Begin at the line containing "created_at base payload" in the data below and go on through the line containing "ap (λ q. is_created", repeating each line exactly; include both ends and no other line.

Records from a data source:
============
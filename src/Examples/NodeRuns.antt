-- ===== src/Examples/NodeRuns.antt =====
-- A segment that is uploaded to a node of internal/storage and read from it, with one node on the ring.
use tritontube.Base.{
  true, Str, lit, List, [], ◌∷◌, ◌≡◌, refl, pos, none, some, Option, ◌⊎◌, inl, inr, str_eq,
}
use tritontube.Etcd.{new_client}
use tritontube.Cluster.{empty_manager}
use tritontube.Storage.Types.{UploadSegmentResponse, header_payload, chunk_payload, get_header, ok}
use tritontube.Storage.Upload.{Incoming, message, check_header, receive, upload_segment}
use tritontube.Storage.Replication.{validate_replication_targets, merge_replication_errors}
use tritontube.Storage.Segments.{Reader, last, chunks, eofs, bytes_of, end_of}
use tritontube.Storage.Server.{State, storage_service}
use tritontube.Storage.RoundTrip.{server, get_segment-upload_segment}
use tritontube.Examples.ClusterRuns.{by_hash, by_token, encode, decode}
use tritontube.Examples.StreamRuns.{env, service, header, locator, request}

abbrev open_file : Option Str → Reader ⊎ Str
open_file none = inr (lit "missing")
open_file (some c) = inl (last c none)

abbrev start : State Unit
start = record {
  files = [];
  metadata = tt;
  ring = empty_manager (lit "/c") (pos 1);
  etcd = new_client;
}

abbrev stream : List Incoming
stream = message (chunk_payload (lit "ne")) ∷ message (chunk_payload (lit "w")) ∷ []

abbrev response : UploadSegmentResponse
response = record {
  size_committed = 3;
  checksum = lit "new";
  replica_status = record { node_id = lit "n"; success = true; error_message = [] } ∷ [];
}

get_segment-upload_segment_example :
    let node =
      server env service
        (λ s. s)
        by_hash
        by_token
        encode
        decode
        open_file
        (pos 15)
        (lit "t")
        (lit "p") in
    let upload = node.upload_segment (message (header_payload (some header)) ∷ stream) start in
    let sent = (node.get_segment (some request) upload.0).1 in
    (chunks sent.0 ≡ lit "new") × (eofs sent.0 ≡ 1) × (sent.1 ≡ ok tt)
unfolding check_header get_header receive bytes_of end_of storage_service upload_segment
    validate_replication_targets str_eq merge_replication_errors
get_segment-upload_segment_example =
    get_segment-upload_segment env service (λ s. s) by_hash by_token encode decode open_file
      (pos 15) (lit "t") (lit "p") (header_payload (some header)) stream
      (record { header = header; locator = locator }) (lit "new") start response request
      (last (lit "new") none) refl refl refl refl refl refl refl refl
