-- ===== src/WebServer/Stale.antt =====
-- A segment that is uploaded again with the default quorum of cmd/web/main.go, on the storage servers
-- of cmd/storage/main.go, while the first of its replicas cannot write.
use tritontube.Base.{
  suc, Str, lit, str_eq, str_eq_refl, ◌==◌, true, false, [], ◌∷◌, Option, none, some, Map, lookup,
  arith, ◌≡◌, ◌≢◌, refl, ap, ◌∙◌, str_eq_sym,
}
use tritontube.Http.{Response, respond}
use tritontube.Storage.Files.{PutResult}
use tritontube.Storage.Writes
use tritontube.StorageServer
use tritontube.StorageServer.{put_status}
use tritontube.WebServer.{
  Tally, content, Outside, object_path, blob_url, metadata_url, add_result, put_all, handle_upload,
  handle_view,
}
use tritontube.WebServer.Quorum.{
  upload_request, no_tally, handle_upload-put_all, upload_answer-created,
}
use tritontube.WebServer.Blobs.{read_at, is_created, IsStorage, not_counted}
use tritontube.WebServer.View.{object_given, IsPath, view_request, view_lem, located_lem}
use tritontube.WebServer.Network.{
  Network, World, Reached, network_of, network-IsStorage, put_at, after_put, written_to, set_files,
}
use tritontube.WebServer.Overwrite.{first_answers}

created_iff :
    (e : Option Str) (p : PutResult) (bucket object : Str)
    → (e ≡ none → ((put_status e p bucket object).status == 201) ≡ true)
      × (e ≢ none → ((put_status e p bucket object).status == 201) ≡ false)
unfolding put_status
created_iff none p bucket object = (λ h. refl, λ h. absurd (h refl))
created_iff (some e) p bucket object = (λ h. cc, λ h. refl)

module _ {M : Type 0} (net : Network M) where
  abbrev web : Outside (World M)
  web = network_of net

  counted_one :
      (base : Str) (reply : Option (Response Str)) (t : Tally)
      → is_created reply ≡ true
      → (add_result web base reply t).success ≡ suc t.success
  unfolding add_result
  counted_one base none t h = cc
  counted_one base (some r) t h = rw h refl

  module _ (object : Str) (named : str_eq object [] ≡ false)
      (copied : (host : Str) → (net.calls host).copy ≡ none)
      (as_is : (c : Str) → net.body_text (StorageServer.content c) ≡ c) where
    -- The answer of a server to a PUT is a 201 exactly if the write had no error.
    created_at :
        (base payload : Str) (r : Reached net object base) (w : World M)
        → let e = (written_to net object named copied as_is r.0 payload w.1).1.error in
          let reply = (web.send (lit "PUT") (blob_url object base) payload w).1 in
          (e ≡ none → is_created reply ≡ true) × (e ≢ none → is_created reply ≡ false)
    created_at base payload r w =
        let p = (written_to net object named copied as_is r.0 payload w.1).1 in
        let verdict = created_iff p.error p (lit "videos") object in
        let sent =
          ap (λ q. is_created q.1) (put_at net object named copied as_is base payload r w.0 w.1) in
        (λ h. sent ∙ verdict.0 h, λ h. sent ∙ verdict.1 h)

    -- Two servers, of which the first cannot write and holds something older.
    module _ (b c payload old : Str) (at_b : Reached net object b) (at_c : Reached net object c)
        (apart : str_eq at_c.0 at_b.0 ≡ false) (m : M) (files : Str → Map Str)
        (fails : (written_to net object named copied as_is at_b.0 payload files).1.error ≢ none)
        (writes : (written_to net object named copied as_is at_c.0 payload files).1.error ≡ none)
        (held : lookup (net.full_path (lit "videos") object) (files at_b.0) ≡ some old)
        (frame : (url : Str) (m : M) → (net.elsewhere (lit "GET") url [] m).0 ≡ m) where
      abbrev sent_b : World M × Option (Response Str)
      sent_b = web.send (lit "PUT") (blob_url object b) payload (m, files)

      abbrev tally_b : Tally
      tally_b = add_result web b sent_b.1 no_tally

      abbrev sent_c : World M × Option (Response Str)
      sent_c = web.send (lit "PUT") (blob_url object c) payload sent_b.0

      abbrev laws : IsStorage web object (Reached net object)
      laws = network-IsStorage net object named copied as_is frame

      puts_lem :
          put_all web object payload (b ∷ c ∷ []) no_tally (m, files)
          ≡ (sent_c.0, add_result web c sent_c.1 tally_b)
      unfolding put_all
      puts_lem = refl

      files_b :
          sent_b.0.1
          ≡ set_files at_b.0 (written_to net object named copied as_is at_b.0 payload files).0 files
      files_b = ap (λ q. q.0.1) (put_at net object named copied as_is b payload at_b m files)

      apart' : str_eq at_b.0 at_c.0 ≡ false
      apart' = str_eq_sym at_b.0 at_c.0 ∙ apart

      files_c : sent_b.0.1 at_c.0 ≡ files at_c.0
      files_c = ap (λ f. f at_c.0) files_b ∙ rw apart' refl

      writes_c : is_created sent_c.1 ≡ true
      writes_c = (created_at c payload at_c sent_b.0).0 (
          ap
            (λ f.
              (StorageServer.path_put net.hex_sha256 net.full_path (net.calls at_c.0) (lit "videos")
                object payload f).1.error)
            files_c
          ∙ writes)

      one_success : (put_all web object payload (b ∷ c ∷ []) no_tally (m, files)).1.success ≡ 1
      one_success = rw puts_lem (
          counted_one c sent_c.1 tally_b writes_c
          ∙ ap suc (
              not_counted web laws b sent_b.1 no_tally
                ((created_at b payload at_b (m, files)).1 fails)))

      still_old :
          read_at web
            (blob_url object b)
            (put_all web object payload (b ∷ c ∷ []) no_tally (m, files)).0
          ≡ some old
      still_old = rw puts_lem (
          after_put net object named copied as_is c b payload at_c at_b sent_b.0
          ∙ rw apart refl
          ∙ ap (λ f. lookup (net.full_path (lit "videos") object) (f at_b.0)) files_b
          ∙ rw (str_eq_refl at_b.0) refl
          ∙ Writes.put_undone net.hex_sha256 (net.calls at_b.0)
              (net.full_path (lit "videos") object) payload (files at_b.0) fails
          ∙ held)

-- What a write of a payload at a host answers
abbrev write_error : {M : Type 0} → Network M → Str → Str → Str → Map Str → Option Str
write_error net host object payload files =
    (StorageServer.path_put net.hex_sha256 net.full_path (net.calls host) (lit "videos") object
      payload files).1.error

-- A segment that a path can name is uploaded with the default quorum of one, to two replicas at
-- different storage servers, of which the first holds an older blob and cannot write, and the second
-- can. The upload answers 201, and a view, while the metadata server names the same replicas, answers
-- with the older blob. No copy of a body fails, and the other servers change nothing on a GET.
pub handle_view-stale :
    {M : Type 0} (net : Network M) (metadata_base id rend idx b c payload old : Str) (w : World M)
    (m : M) (files : Str → Map Str) (r r' : Response Str)
    → ((host : Str) → (net.calls host).copy ≡ none)
    → ((t : Str) → net.body_text (StorageServer.content t) ≡ t)
    → ((url : Str) (m : M) → (net.elsewhere (lit "GET") url [] m).0 ≡ m)
    → IsPath id rend idx
    → (at_b : Reached net (object_path id rend idx) b)
      (at_c : Reached net (object_path id rend idx) c)
    → str_eq at_c.0 at_b.0 ≡ false
    → write_error net at_b.0 (object_path id rend idx) payload (files at_b.0) ≢ none
    → write_error net at_c.0 (object_path id rend idx) payload (files at_c.0) ≡ none
    → lookup (net.full_path (lit "videos") (object_path id rend idx)) (files at_b.0) ≡ some old
    → (network_of net).send
        (lit "POST")
        (metadata_url metadata_base (lit "/segments") id rend idx)
        []
        w
      ≡ ((m, files), some r)
    → r.status ≡ 200
    → net.decode_replicas r.body ≡ some (b ∷ c ∷ [])
    → let upload =
        handle_upload
          (network_of net)
          metadata_base
          1
          (upload_request id rend idx)
          (some payload)
          w in
      ((network_of net).send
          (lit "GET")
          (metadata_url metadata_base (lit "/segments/loc") id rend idx)
          []
          upload.0).1
        ≡ some r'
      → r'.status ≡ 200
      → net.decode_replicas r'.body ≡ some (b ∷ c ∷ [])
      → (upload.1.status ≡ 201)
        × (handle_view (network_of net) metadata_base (view_request id rend idx) upload.0
            ≡ (upload.0, respond 200 (content old)))
handle_view-stale net metadata_base id rend idx b c payload old w m files r r' copied as_is frame
      path at_b at_c apart fails writes held sent status decoded asked status' decoded' =
    let object = object_path id rend idx in
    let named = object_given id rend idx in
    let outside = network_of net in
    let url = metadata_url metadata_base (lit "/segments/loc") id rend idx in
    let puts = put_all outside object payload (b ∷ c ∷ []) no_tally (m, files) in
    let upload =
      handle_upload outside metadata_base 1 (upload_request id rend idx) (some payload) w in
    let laws = network-IsStorage net object named copied as_is frame in
    let run =
      handle_upload-put_all outside metadata_base id rend idx payload 1 b (c ∷ []) w (m, files) r
        path.given sent status decoded
      ∙ (upload_answer-created outside 1 object puts).0 (
          omega (
            arith,
            one_success net object named copied as_is b c payload old at_b at_c apart m files fails
                writes held frame,
          )) in
    (
      ap (λ p. p.1.status) run,
      view_lem outside metadata_base id rend idx upload.0 path
          ∙ located_lem outside object (outside.send (lit "GET") url [] upload.0) upload.0 r' b
              (c ∷ []) (laws.get_frame url upload.0) asked status' decoded'
          ∙ rw (ap (λ p. p.0) run) (
              first_answers outside laws old b (c ∷ []) puts.0 (
                still_old net object named copied as_is b c payload old at_b at_c apart m files
                  fails writes held frame)),
    )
============
**YOUR SOLUTION**.
    created_at base payload r w =
        let p = (written_to net object named copied as_is r.0 payload w.1).1 in
        let verdict = created_iff p.error p (lit "videos") object in
        let sent =
          ap (λ q. is_created q.1) (put_at net object named copied as_is base payload r w.0 w.1) in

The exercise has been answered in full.